## TASK PROMPT
From the entries that follow, copy each line containing the word "below".
(Beginning of DATA FOR THIS EXERCISE)
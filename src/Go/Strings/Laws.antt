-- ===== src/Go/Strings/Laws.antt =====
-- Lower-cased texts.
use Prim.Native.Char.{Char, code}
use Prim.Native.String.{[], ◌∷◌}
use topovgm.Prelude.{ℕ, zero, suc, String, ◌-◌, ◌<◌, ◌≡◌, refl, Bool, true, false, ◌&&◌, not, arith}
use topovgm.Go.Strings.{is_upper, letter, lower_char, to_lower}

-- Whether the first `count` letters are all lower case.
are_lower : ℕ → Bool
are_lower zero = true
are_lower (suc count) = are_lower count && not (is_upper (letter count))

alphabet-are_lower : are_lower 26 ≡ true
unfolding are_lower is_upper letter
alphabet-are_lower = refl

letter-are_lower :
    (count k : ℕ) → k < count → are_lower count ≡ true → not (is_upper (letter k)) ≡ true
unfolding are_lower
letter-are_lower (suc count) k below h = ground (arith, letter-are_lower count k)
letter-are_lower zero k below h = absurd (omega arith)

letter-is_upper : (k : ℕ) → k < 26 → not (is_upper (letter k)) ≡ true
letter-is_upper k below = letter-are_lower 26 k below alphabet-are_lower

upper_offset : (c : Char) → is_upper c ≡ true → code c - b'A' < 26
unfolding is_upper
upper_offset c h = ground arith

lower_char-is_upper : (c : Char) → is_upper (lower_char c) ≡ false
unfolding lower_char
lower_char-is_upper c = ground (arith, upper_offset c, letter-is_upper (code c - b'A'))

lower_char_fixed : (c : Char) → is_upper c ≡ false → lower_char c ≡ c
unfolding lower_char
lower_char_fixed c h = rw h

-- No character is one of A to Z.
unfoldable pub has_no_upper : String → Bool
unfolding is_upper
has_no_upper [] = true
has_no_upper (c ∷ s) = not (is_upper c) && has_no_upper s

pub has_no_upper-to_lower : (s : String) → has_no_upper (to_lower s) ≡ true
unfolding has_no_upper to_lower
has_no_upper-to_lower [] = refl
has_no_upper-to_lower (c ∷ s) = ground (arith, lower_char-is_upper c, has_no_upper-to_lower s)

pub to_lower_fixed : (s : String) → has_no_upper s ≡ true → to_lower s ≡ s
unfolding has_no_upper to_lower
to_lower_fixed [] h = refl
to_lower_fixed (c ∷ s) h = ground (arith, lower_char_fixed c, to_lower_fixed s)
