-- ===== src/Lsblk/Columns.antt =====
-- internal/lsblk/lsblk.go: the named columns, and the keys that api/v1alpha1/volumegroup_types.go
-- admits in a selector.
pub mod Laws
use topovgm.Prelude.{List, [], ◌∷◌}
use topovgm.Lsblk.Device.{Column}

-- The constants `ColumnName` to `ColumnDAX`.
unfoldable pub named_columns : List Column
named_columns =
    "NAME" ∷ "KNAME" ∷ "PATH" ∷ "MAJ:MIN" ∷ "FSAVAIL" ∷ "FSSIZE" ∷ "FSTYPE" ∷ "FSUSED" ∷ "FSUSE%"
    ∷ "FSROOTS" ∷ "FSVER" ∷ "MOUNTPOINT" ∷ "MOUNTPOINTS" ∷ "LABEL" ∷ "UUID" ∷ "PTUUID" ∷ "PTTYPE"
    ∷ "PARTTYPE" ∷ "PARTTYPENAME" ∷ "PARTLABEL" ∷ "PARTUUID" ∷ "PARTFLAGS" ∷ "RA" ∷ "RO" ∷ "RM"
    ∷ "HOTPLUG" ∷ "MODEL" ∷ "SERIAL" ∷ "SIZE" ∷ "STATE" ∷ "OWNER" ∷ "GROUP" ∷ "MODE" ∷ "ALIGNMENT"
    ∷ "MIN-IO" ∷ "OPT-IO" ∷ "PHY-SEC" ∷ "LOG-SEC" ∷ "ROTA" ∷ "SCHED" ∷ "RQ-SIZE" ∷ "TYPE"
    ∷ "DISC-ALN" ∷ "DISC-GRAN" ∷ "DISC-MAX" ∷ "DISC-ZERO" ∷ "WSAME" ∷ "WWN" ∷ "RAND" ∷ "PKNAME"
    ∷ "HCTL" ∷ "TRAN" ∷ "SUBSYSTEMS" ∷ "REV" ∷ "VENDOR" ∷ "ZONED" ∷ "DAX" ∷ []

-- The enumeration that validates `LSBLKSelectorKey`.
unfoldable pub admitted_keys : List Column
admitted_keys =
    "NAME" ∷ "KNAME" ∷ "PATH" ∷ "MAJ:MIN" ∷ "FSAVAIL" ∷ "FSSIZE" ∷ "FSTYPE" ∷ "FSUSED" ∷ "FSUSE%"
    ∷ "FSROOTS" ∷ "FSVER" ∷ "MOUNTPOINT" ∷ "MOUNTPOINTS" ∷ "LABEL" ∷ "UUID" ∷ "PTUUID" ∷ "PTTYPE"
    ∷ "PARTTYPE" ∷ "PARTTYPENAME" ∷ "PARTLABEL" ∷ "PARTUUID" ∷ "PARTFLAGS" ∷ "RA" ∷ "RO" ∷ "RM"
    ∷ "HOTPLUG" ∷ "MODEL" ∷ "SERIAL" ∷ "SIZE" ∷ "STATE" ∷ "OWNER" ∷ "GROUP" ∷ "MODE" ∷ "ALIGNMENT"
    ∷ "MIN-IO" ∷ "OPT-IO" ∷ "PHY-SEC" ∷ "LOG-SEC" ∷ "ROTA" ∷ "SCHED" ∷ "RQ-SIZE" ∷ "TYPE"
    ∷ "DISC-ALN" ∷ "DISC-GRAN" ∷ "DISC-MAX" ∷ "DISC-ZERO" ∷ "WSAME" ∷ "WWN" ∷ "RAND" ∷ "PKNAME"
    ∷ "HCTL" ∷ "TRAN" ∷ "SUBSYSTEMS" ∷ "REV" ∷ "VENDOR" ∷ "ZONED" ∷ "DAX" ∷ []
(End of DATA FOR THIS EXERCISE)
## OUTPUT OF THE EXERCISE
letter-are_lower (suc count) k below h = ground (arith, letter-are_lower count k)
letter-are_lower zero k below h = absurd (omega arith)
letter-is_upper k below = letter-are_lower 26 k below alphabet-are_lower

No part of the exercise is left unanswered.